[Data records]:
☆ ☆ ☆ ☆ ☆ ☆ ☆
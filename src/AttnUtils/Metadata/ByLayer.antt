-- ===== src/AttnUtils/Metadata/ByLayer.antt =====
-- Each layer gets what belongs to its own cache group.
use edmm.Prelude.{
  ℕ, zero, suc, ◌+◌, String, List, [], ◌∷◌, some, true, false, ◌≡◌, refl, ◌∙◌, ap, arith,
  String_discrete, get_elem?, if◌then◌else◌, subst, inl, inr, Bool-cases, length, get_elem?_of_lt,
  ◌≤◌,
}
use edmm.Prelude.Dict.{Dict, get, put, get-put, Each, put-Each, some_injective, none≢some}
use edmm.Prelude.Sets.{member}
use edmm.Prelude.Effect.{ok}
use edmm.Torch.{Torch}
use edmm.AttnUtils.Config.{Vllm, KvCacheGroup}
use edmm.AttnUtils.Groups.{AttentionGroup}
use edmm.AttnUtils.Raw.{put_each}
use edmm.AttnUtils.Metadata.{
  add_slot_mappings, build_slot_mappings_by_layer, Metadata, Building, Inputs, common, build_group,
  build_groups, build_from, build_attn_metadata,
}

get-put_each :
    {A : Type 0} (x : String) (names : List String) (a : A) (d : Dict String A)
    → get String_discrete x (put_each names a d)
      ≡ (if member String_discrete x names then some a else get String_discrete x d)
unfolding put_each member
get-put_each x [] a d = refl
get-put_each x (y ∷ names) a d =
    ground
      (arith, get-put_each x names a (put String_discrete y a d), get-put String_discrete y x a d)

module _ (t : Torch) (v : Vllm t) where
  abbrev names_of : KvCacheGroup t v → List String
  names_of g = g.layer_names

  -- The layer stands in no group from the first on.
  abbrev Absent : String → List (KvCacheGroup t v) → Type 0
  Absent x gs =
      (j : ℕ) (g : KvCacheGroup t v)
      → get_elem? gs j ≡ some g
      → member String_discrete x g.layer_names ≡ false

  get-add-Absent :
      {A : Type 0} (x : String) (ms : List A) (gs : List (KvCacheGroup t v)) (d : Dict String A)
      → Absent x gs
      → get String_discrete x (add_slot_mappings t v ms gs d) ≡ get String_discrete x d
  unfolding add_slot_mappings
  get-add-Absent x [] gs d h = refl
  get-add-Absent x (m ∷ ms) [] d h = refl
  get-add-Absent x (m ∷ ms) (g ∷ gs) d h =
      let here = h 0 g refl in
      get-add-Absent x ms gs (put_each g.layer_names m d) (λ j. h (suc j))
      ∙ get-put_each x g.layer_names m d
      ∙ rw here refl

  get-add_mapping :
      {A : Type 0} (x : String) (ms : List A) (gs : List (KvCacheGroup t v)) (d : Dict String A)
      (i : ℕ) (m : A) (g : KvCacheGroup t v)
      → get_elem? ms i ≡ some m
      → get_elem? gs i ≡ some g
      → member String_discrete x g.layer_names ≡ true
      → ((j : ℕ) (h : KvCacheGroup t v)
          → get_elem? gs j ≡ some h
          → member String_discrete x h.layer_names ≡ true
          → j ≡ i)
      → get String_discrete x (add_slot_mappings t v ms gs d) ≡ some m
  unfolding add_slot_mappings
  get-add_mapping x [] gs d i m g em eg inside only = cc
  get-add_mapping x (m' ∷ ms) [] d i m g em eg inside only = cc
  get-add_mapping x (m' ∷ ms) (g' ∷ gs) d zero m g em eg inside only =
      let same : g'.layer_names ≡ g.layer_names = ap names_of (some_injective eg) in
      get-add-Absent x ms gs (put_each g'.layer_names m' d) (λ j h e.
        elim (Bool-cases (member String_discrete x h.layer_names)) [
          | inl there ↦ absurd (omega (arith, only (suc j) h e there))
          | inr away ↦ away
        ])
      ∙ get-put_each x g'.layer_names m' d
      ∙ rw (same, inside) em
  get-add_mapping x (m' ∷ ms) (g' ∷ gs) d (suc i) m g em eg inside only =
      get-add_mapping x ms gs (put_each g'.layer_names m' d) i m g em eg inside
        (λ j h e there. omega (arith, only (suc j) h e there))

  -- A layer that stands in one cache group only, and for whose group there is a slot mapping, gets
  -- this mapping.
  pub build_slot_mappings-own :
      {A : Type 0} (x : String) (slot_mappings : List A) (groups : List (KvCacheGroup t v)) (i : ℕ)
      (slot_mapping : A) (group : KvCacheGroup t v)
      → get_elem? slot_mappings i ≡ some slot_mapping
      → get_elem? groups i ≡ some group
      → member String_discrete x group.layer_names ≡ true
      → ((j : ℕ) (other : KvCacheGroup t v)
          → get_elem? groups j ≡ some other
          → member String_discrete x other.layer_names ≡ true
          → j ≡ i)
      → get String_discrete x (build_slot_mappings_by_layer t v slot_mappings groups)
        ≡ some slot_mapping
  unfolding build_slot_mappings_by_layer
  build_slot_mappings-own x ms gs i m g = get-add_mapping x ms gs [] i m g

module _ (t : Torch) (v : Vllm t) (d : Metadata t v) (b : Building t v d) (a : Inputs t v d)
    (attn_groups : List (List (AttentionGroup t v))) where
  -- The metadata is what the builder of an attention group of the layer makes from the block table
  -- and the slot mapping of that group's cache group.
  pub record Owned (x : String) (built : d.Built) : Type 0 where
    pub group_id : ℕ
    pub groups : List (AttentionGroup t v)
    pub index : ℕ
    pub group : AttentionGroup t v
    pub block_table : d.Value
    pub slot_mapping : d.Value
    pub of_groups : get_elem? attn_groups group_id ≡ some groups
    pub of_group : get_elem? groups index ≡ some group
    pub inside : member String_discrete x group.layer_names ≡ true
    pub of_table : get_elem? a.block_tables group_id ≡ some block_table
    pub of_mapping : get_elem? a.slot_mappings group_id ≡ some slot_mapping
    pub is_built :
        built ≡ build_group t v d b a group (common t v d a group_id block_table slot_mapping)

  put_each-Each :
      {A : Type 0} (P : String → A → Type 0) (names : List String) (value : A) (m : Dict String A)
      → ((x : String) → member String_discrete x names ≡ true → P x value)
      → Each String_discrete P m
      → Each String_discrete P (put_each names value m)
  unfolding put_each member
  put_each-Each P [] value m new h = h
  put_each-Each P (y ∷ names) value m new h =
      put_each-Each P names value (put String_discrete y value m) (λ x e. new x (ground (arith, e)))
        (put-Each String_discrete P y value m (new y (ground arith)) h)

  module _ (i : ℕ) (all : List (AttentionGroup t v)) (bt sm : d.Value)
      (eg : get_elem? attn_groups i ≡ some all) (et : get_elem? a.block_tables i ≡ some bt)
      (em : get_elem? a.slot_mappings i ≡ some sm) where
    build_groups-Owned :
        (rest : List (AttentionGroup t v)) (k : ℕ) (m : Dict String d.Built)
        → ((j : ℕ) (g : AttentionGroup t v)
            → get_elem? rest j ≡ some g
            → get_elem? all (k + j) ≡ some g)
        → Each String_discrete Owned m
        → Each String_discrete Owned (build_groups t v d b a (common t v d a i bt sm) rest m)
    unfolding build_groups
    build_groups-Owned [] k m sub h = h
    build_groups-Owned (g ∷ rest) k m sub h =
        build_groups-Owned rest (suc k) _
          (λ j g' e. subst (λ n. get_elem? all n ≡ some g') (omega arith) (sub (suc j) g' e))
          (put_each-Each Owned g.layer_names _ m
            (λ x inside. record {
              group_id = i;
              groups = all;
              index = k + 0;
              group = g;
              block_table = bt;
              slot_mapping = sm;
              of_groups = eg;
              of_group = sub 0 g refl;
              inside = inside;
              of_table = et;
              of_mapping = em;
              is_built = refl;
            })
            h)

  -- A run over `n` cache groups from one on: it returns if all three lists are long enough, and
  -- every layer's metadata is then owned.
  build_from-Owned :
      (n i : ℕ) (m : Dict String d.Built)
      → i + n ≤ length a.block_tables
      → i + n ≤ length a.slot_mappings
      → i + n ≤ length attn_groups
      → Each String_discrete Owned m
      → (built : Dict String d.Built) × (build_from t v d b a attn_groups n i m ≡ ok built)
        × Each String_discrete Owned built
  unfolding build_from
  build_from-Owned zero i m lt lm lg h = (m, refl, h)
  build_from-Owned (suc n) i m lt lm lg h =
      let (bt, et) = get_elem?_of_lt a.block_tables i (omega arith) in
      let (sm, em) = get_elem?_of_lt a.slot_mappings i (omega arith) in
      let (gs, eg) = get_elem?_of_lt attn_groups i (omega arith) in
      rw (et, em, eg)
        (build_from-Owned n (suc i) _ (omega arith) (omega arith) (omega arith) (
          build_groups-Owned i gs bt sm eg et em gs 0 m
            (λ j g e. subst (λ k. get_elem? gs k ≡ some g) (omega arith) e) h))

  -- If there are block tables, slot mappings and attention groups for every cache group, the
  -- metadata is built, and what a layer gets is built by an attention group that the layer stands
  -- in, from the block table and the slot mapping of the same cache group.
  pub build_attn_metadata-Owned :
      (groups : List (KvCacheGroup t v))
      → length groups ≤ length a.block_tables
      → length groups ≤ length a.slot_mappings
      → length groups ≤ length attn_groups
      → (built : Dict String d.Built) × (build_attn_metadata t v d b a attn_groups groups
          ≡ ok built)
        × Each String_discrete Owned built
  unfolding build_attn_metadata get
  build_attn_metadata-Owned groups lt lm lg =
      build_from-Owned (length groups) 0 [] (omega (arith, lt)) (omega (arith, lm))
        (omega (arith, lg)) (λ x value e. absurd (none≢some e))
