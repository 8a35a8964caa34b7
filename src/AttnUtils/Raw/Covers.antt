-- ===== src/AttnUtils/Raw/Covers.antt =====
-- The assertion at the end of `_allocate_kv_cache`.
use edmm.Prelude.{
  String, List, [], ◌∷◌, Bool, true, false, ◌||◌, ◌≡◌, refl, sym, ◌∙◌, ap, ◌⊎◌, inl, inr, arith,
  String_discrete, if_true, if_false, Bool-cases, if_pos,
}
use edmm.Prelude.Dict.{Dict, get, keys, is_some}
use edmm.Prelude.Sets.{member, insert, member-insert}
use edmm.Prelude.Effect.{Outcome, ok, raised, outcome_cases}
use edmm.Gpu.{Exception, World, assertion_error, plain}
use edmm.Torch.{Torch}
use edmm.AttnUtils.Config.{Vllm, KvCacheGroup, KvCacheConfig}
use edmm.AttnUtils.Raw.{
  insert_each, subset, same_set, raw_tensors, all_layer_names, checked_layers, allocate_kv_cache,
}

member-keys :
    {A : Type 0} (x : String) (d : Dict String A)
    → member String_discrete x (keys d) ≡ is_some (get String_discrete x d)
unfolding member get
member-keys x [] = refl
member-keys x ((k, v) ∷ d) = ground (arith, member-keys x d)

member-insert_each :
    (x : String) (names s : List String)
    → member String_discrete x (insert_each names s)
      ≡ (member String_discrete x names || member String_discrete x s)
unfolding insert_each member
member-insert_each x [] s = refl
member-insert_each x (y ∷ names) s = ground (
  arith,
  member-insert_each x names (insert String_discrete y s),
  member-insert String_discrete y x s,
)

subset_sound :
    (x : String) (xs s : List String)
    → subset xs s ≡ true
    → member String_discrete x xs ≡ true
    → member String_discrete x s ≡ true
unfolding subset member
subset_sound x [] s h e = cc
subset_sound x (y ∷ xs) s h e = ground (arith, subset_sound x xs s)

subset_complete :
    (xs s : List String)
    → ((x : String) → member String_discrete x xs ≡ true → member String_discrete x s ≡ true)
    → subset xs s ≡ true
unfolding subset member
subset_complete [] s h = refl
subset_complete (y ∷ xs) s h =
    let here = h y (if_pos (String_discrete y y) refl true _) in
    let later = subset_complete xs s (λ x e. h x (ground (arith, e))) in rw (here, later) refl

module _ (t : Torch) (v : Vllm t) where
  -- The layer stands in one of the groups.
  abbrev pub in_groups : String → List (KvCacheGroup t v) → Bool
  in_groups x [] = false
  in_groups x (g ∷ gs) = member String_discrete x g.layer_names || in_groups x gs

  member-all_layer_names :
      (x : String) (gs : List (KvCacheGroup t v)) (s : List String)
      → member String_discrete x (all_layer_names t v gs s)
        ≡ (in_groups x gs || member String_discrete x s)
  unfolding all_layer_names
  member-all_layer_names x [] s = refl
  member-all_layer_names x (g ∷ gs) s = ground (
    arith,
    member-all_layer_names x gs (insert_each g.layer_names s),
    member-insert_each x g.layer_names s,
  )

  -- A layer stands in a group exactly if it has a buffer or shares one.
  abbrev pub Covered : List (KvCacheGroup t v) → Dict String t.Array → Dict String String → Type 0
  Covered groups made shared =
      (x : String)
      → in_groups x groups
        ≡ (is_some (get String_discrete x made) || is_some (get String_discrete x shared))

  module _ (groups : List (KvCacheGroup t v)) (made : Dict String t.Array)
      (shared : Dict String String) where
    abbrev wanted : List String
    wanted = all_layer_names t v groups []

    abbrev present : List String
    present = insert_each (keys shared) (keys made)

    member-wanted : (x : String) → member String_discrete x wanted ≡ in_groups x groups
    unfolding member
    member-wanted x = ground (arith, member-all_layer_names x groups [])

    member-present :
        (x : String)
        → member String_discrete x present
          ≡ (is_some (get String_discrete x made) || is_some (get String_discrete x shared))
    member-present x = ground (
      arith,
      member-insert_each x (keys shared) (keys made),
      member-keys x made,
      member-keys x shared,
    )

    same_set-Covered : same_set wanted present ≡ true → Covered groups made shared
    same_set-Covered h x = ground (
      arith,
      subset_sound x wanted present,
      subset_sound x present wanted,
      member-wanted x,
      member-present x,
    )

    Covered-same_set : Covered groups made shared → same_set wanted present ≡ true
    Covered-same_set h =
        let forth =
          subset_complete wanted present
            (λ x e. member-present x ∙ sym (h x) ∙ sym (member-wanted x) ∙ e) in
        let back =
          subset_complete present wanted
            (λ x e. member-wanted x ∙ h x ∙ sym (member-present x) ∙ e) in
        rw (forth, back) refl

  abbrev message : Exception
  message = assertion_error (plain "Some layers are not correctly initialized")

  -- The allocation, when the buffers are made.
  abbrev pub Checked :
      KvCacheConfig t v
      → Dict String String
      → Dict String t.Array
      → World t.driver
      → Outcome Exception (Dict String t.Array) × World t.driver
      → Type 0
  Checked config shared made w r =
      (Covered config.kv_cache_groups made shared × (r ≡ (ok made, w)))
      ⊎ ((Covered config.kv_cache_groups made shared → ⊥) × (r ≡ (raised message, w)))

  checked_layers-Checked :
      (config : KvCacheConfig t v) (shared : Dict String String) (made : Dict String t.Array)
      (w : World t.driver)
      → Checked config shared made w (checked_layers t v config shared made w)
  unfolding checked_layers
  checked_layers-Checked config shared made w =
      elim (Bool-cases (
        same_set (wanted config.kv_cache_groups made shared)
          (present config.kv_cache_groups made shared))) [
            | inl same ↦ inl (
              same_set-Covered config.kv_cache_groups made shared same,
              ap
                  (λ (m : World t.driver
                      → Outcome Exception (Dict String t.Array) × World t.driver).
                    m w)
                  (if_true _ _ same),
            )
            | inr differ ↦ inr (
              (λ covered. cc (differ, Covered-same_set config.kv_cache_groups made shared covered)),
              ap
                  (λ (m : World t.driver
                      → Outcome Exception (Dict String t.Array) × World t.driver).
                    m w)
                  (if_false _ _ differ),
            )
          ]

  -- The worker's allocation raises what the allocation of a buffer raises. If all buffers are made,
  -- it returns them if a layer stands in a group exactly if it has a buffer or shares one, and
  -- raises the assertion's error otherwise.
  pub allocate-Checked :
      (edmm_enabled : Bool) (config : KvCacheConfig t v) (shared : Dict String String)
      (device : t.Device) (w : World t.driver)
      → ((e : Exception) × (w' : World t.driver) × (raw_tensors t v edmm_enabled device
              config.kv_cache_tensors [] w
            ≡ (raised e, w'))
          × (allocate_kv_cache t v edmm_enabled config shared device w ≡ (raised e, w')))
        ⊎ ((made : Dict String t.Array) × (w' : World t.driver) × (raw_tensors t v edmm_enabled
                device config.kv_cache_tensors [] w
              ≡ (ok made, w'))
            × Checked config shared made w'
                (allocate_kv_cache t v edmm_enabled config shared device w))
  unfolding allocate_kv_cache
  allocate-Checked edmm_enabled config shared device w =
      elim (outcome_cases (raw_tensors t v edmm_enabled device config.kv_cache_tensors [] w)) [
        | inl (made, w', e) ↦ inr (made, w', e, rw e (checked_layers-Checked config shared made w'))
        | inr (x, w', e) ↦ inl (x, w', e, rw e refl)
      ]
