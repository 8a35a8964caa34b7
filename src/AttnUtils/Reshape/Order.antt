-- ===== src/AttnUtils/Reshape/Order.antt =====
-- The order of the strides and its inverse.
use edmm.Prelude.{
  ℕ, zero, suc, ◌+◌, List, [], ◌∷◌, some, ◌≡◌, refl, sym, ◌∙◌, ap, subst, arith, length, get_elem?,
  get_elem?_of_lt, drop,
}
use edmm.Prelude.Dict.{some_injective}
use edmm.Prelude.Effect.{Outcome, ok}
use edmm.Prelude.Partial.{cons-ok}
use edmm.Gpu.{Exception, index_error, value_error, plain}
use edmm.AttnUtils.Reshape.{pick, index_of, inverse_from, inverse}

-- `order.index(i)` is a place of i.
get_elem?-index_of :
    (order : List ℕ) (i j : ℕ) → index_of order i ≡ some j → get_elem? order j ≡ some i
unfolding index_of
get_elem?-index_of [] i j h = cc
get_elem?-index_of (k ∷ order) i zero h = ground arith
get_elem?-index_of (k ∷ order) i (suc j) h = ground (arith, get_elem?-index_of order i j)

-- What is picked at a place is what the order names there.
get_elem?-pick :
    (xs order ys : List ℕ) (j i : ℕ)
    → pick xs order ≡ ok ys
    → get_elem? order j ≡ some i
    → get_elem? ys j ≡ get_elem? xs i
unfolding pick
get_elem?-pick xs [] ys j i h e = cc
get_elem?-pick xs (k ∷ order) ys zero i h e =
    let (x, rest, found, picked, whole) =
      cons-ok (get_elem? xs k) index_error (pick xs order) ys h in
    subst (λ zs. get_elem? zs 0 ≡ get_elem? xs i) whole
      (sym found ∙ ap (get_elem? xs) (some_injective e))
get_elem?-pick xs (k ∷ order) ys (suc j) i h e =
    let (x, rest, found, picked, whole) =
      cons-ok (get_elem? xs k) index_error (pick xs order) ys h in
    subst (λ zs. get_elem? zs (suc j) ≡ get_elem? xs i) whole
      (get_elem?-pick xs order rest j i picked e)

-- The list from a place on.
drop-get_elem? : (xs : List ℕ) (i x : ℕ) → get_elem? xs i ≡ some x → drop i xs ≡ x ∷ drop (suc i) xs
drop-get_elem? [] i x h = cc
drop-get_elem? (y ∷ xs) zero x h = ap (λ z. z ∷ xs) (some_injective h)
drop-get_elem? (y ∷ xs) (suc i) x h = drop-get_elem? xs i x h

drop_end : (xs : List ℕ) (i : ℕ) → length xs ≡ i → drop i xs ≡ []
drop_end [] zero h = refl
drop_end [] (suc i) h = refl
drop_end (x ∷ xs) zero h = absurd (omega arith)
drop_end (x ∷ xs) (suc i) h = drop_end xs i (omega arith)

empty : {inv : List ℕ} → (Path (Outcome Exception (List ℕ)) (ok []) (ok inv)) → [] ≡ inv
empty h = cc h

pick-inverse_from :
    (shape order physical : List ℕ) (n start : ℕ) (inv : List ℕ)
    → pick shape order ≡ ok physical
    → start + n ≡ length shape
    → inverse_from order n start ≡ ok inv
    → pick physical inv ≡ ok (drop start shape)
unfolding inverse_from pick
pick-inverse_from shape order physical zero start inv moved bound h =
    subst (λ is. pick physical is ≡ ok (drop start shape)) (empty h)
      (ap ok (sym (drop_end shape start (omega arith))))
pick-inverse_from shape order physical (suc n) start inv moved bound h =
    let (j, rest, place, others, whole) =
      cons-ok (index_of order start) (value_error (plain "tuple.index(x): x not in tuple"))
        (inverse_from order n (suc start)) inv h in
    let (x, here) = get_elem?_of_lt shape start (omega arith) in
    let there : get_elem? physical j ≡ some x =
      get_elem?-pick shape order physical j start moved (get_elem?-index_of order start j place)
      ∙ here in
    let later =
      pick-inverse_from shape order physical n (suc start) rest moved (omega arith) others in
    subst (λ is. pick physical is ≡ ok (drop start shape)) whole
      (rw (there, later, drop-get_elem? shape start x here) refl)

-- If the shape in the order of the strides and the inverse of that order are found, and the order is
-- as long as the shape, permuting by the inverse gives the shape back.
pub pick-inverse :
    (shape order physical inv : List ℕ)
    → length order ≡ length shape
    → pick shape order ≡ ok physical
    → inverse order ≡ ok inv
    → pick physical inv ≡ ok shape
pick-inverse shape order physical inv long moved h =
    pick-inverse_from shape order physical (length order) 0 inv moved (omega (arith, long)) h
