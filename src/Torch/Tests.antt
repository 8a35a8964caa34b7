-- ===== src/Torch/Tests.antt =====
-- An instance of torch over the driver that counts, for the tests: a tensor is its size with its
-- shape and strides, and elements have one byte.
use edmm.Prelude.{ℕ, ◌*◌, String, List, [], ◌∷◌, some, true}
use edmm.Prelude.Effect.{ok}
use edmm.Allocator.Tests.{counting}
use edmm.Torch.{Torch}

pub record Strided : Type 0 where
  pub numel : ℕ
  pub shape : List ℕ
  pub stride : List ℕ

abbrev size_of : List ℕ → ℕ
size_of [] = 1
size_of (n ∷ ns) = n * size_of ns

abbrev row_major : List ℕ → List ℕ
row_major [] = []
row_major (n ∷ ns) = size_of ns ∷ row_major ns

abbrev as_shape : List ℕ → Strided → Strided
as_shape shape a = record a { shape = shape; stride = row_major shape }

abbrev flat : ℕ → Strided
flat n = record { numel = n; shape = n ∷ []; stride = 1 ∷ [] }

abbrev pub bytes : Torch
bytes = record {
  driver = counting;
  Dtype = Unit {0};
  Array = Strided;
  Device = String;
  device = λ name. name;
  index = λ d. some 0;
  element_size = λ d. 1;
  int8 = tt;
  is_pin_memory_available = true;
  zeros = λ shape dtype pin device s. (ok (as_shape shape (flat (size_of shape))), s);
  of_tensor = λ t. flat t.numel;
  numel = λ a. a.numel;
  shape = λ a. a.shape;
  stride = λ a. a.stride;
  view_dtype = λ dtype a. ok a;
  view = λ shape a. ok (as_shape shape a);
  reshape = λ shape a. ok (as_shape shape a);
  as_strided = λ shape stride offset a. ok (record a { shape = shape; stride = stride });
  permute = λ order a. ok a;
  empty_stride = row_major;
}
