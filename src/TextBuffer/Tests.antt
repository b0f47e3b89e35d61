-- ===== src/TextBuffer/Tests.antt =====
-- The buffer of src/StyioIDE/Common.cpp on concrete texts.
use styio.Prelude.{ℕ, ◌+◌, ◌≤◌, ◌≡◌, refl, List, [], ◌∷◌, ◌++◌, map, length, if◌then◌else◌}
use styio.Prelude.Scan.{codes}
use styio.TextBuffer.{
  reset, rebuild_line_starts, line_starts_from, position_at, offset_at, clamp, build_line_seps,
  ends_open,
}
use styio.TextBuffer.Positions.{walk, position_at-walk, offset_at-position_at}
use styio.TextBuffer.Lines.{behind, build_line_seps_lem, offset_at_bound}

-- "ab", a line feed, "c", a line feed, "de"
abbrev three_lines : List ℕ
three_lines = codes "ab" ++ (b'\n' ∷ (codes "c" ++ (b'\n' ∷ codes "de")))

starts_of_three_lines : rebuild_line_starts three_lines ≡ 0 ∷ 3 ∷ 5 ∷ []
unfolding line_starts_from
starts_of_three_lines = refl

-- A character behind a line's end leads to the start of the next line.
behind_the_line : offset_at (reset three_lines) (record { line = 0; character = 9 }) ≡ 3
unfolding line_starts_from
behind_the_line = refl

position_at-walk_example : position_at (reset three_lines) 4 ≡ walk 0 0 4 three_lines
position_at-walk_example = position_at-walk three_lines 4

offset_at-position_at_example :
    offset_at (reset three_lines) (position_at (reset three_lines) 6) ≡ clamp (length three_lines) 6
offset_at-position_at_example = offset_at-position_at three_lines 6

build_line_seps_example :
    (rebuild_line_starts three_lines
      ≡ map (λ sep. sep.start) (build_line_seps (reset three_lines))
        ++ (if ends_open three_lines then [] else length three_lines ∷ []))
    × (map behind (build_line_seps (reset three_lines))
        ≡ line_starts_from 0 three_lines
          ++ (if ends_open three_lines then (length three_lines + 1) ∷ [] else []))
build_line_seps_example = build_line_seps_lem three_lines

offset_at_bound_example :
    offset_at (reset three_lines) (record { line = 7; character = 9 }) ≤ length three_lines
offset_at_bound_example = offset_at_bound three_lines (record { line = 7; character = 9 })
☆ ☆ ☆ ☆ ☆ ☆ ☆
[Exercise directions]:
Determine how many lines above have the string "numel" and output nothing besides the count.

[Task solution]:
4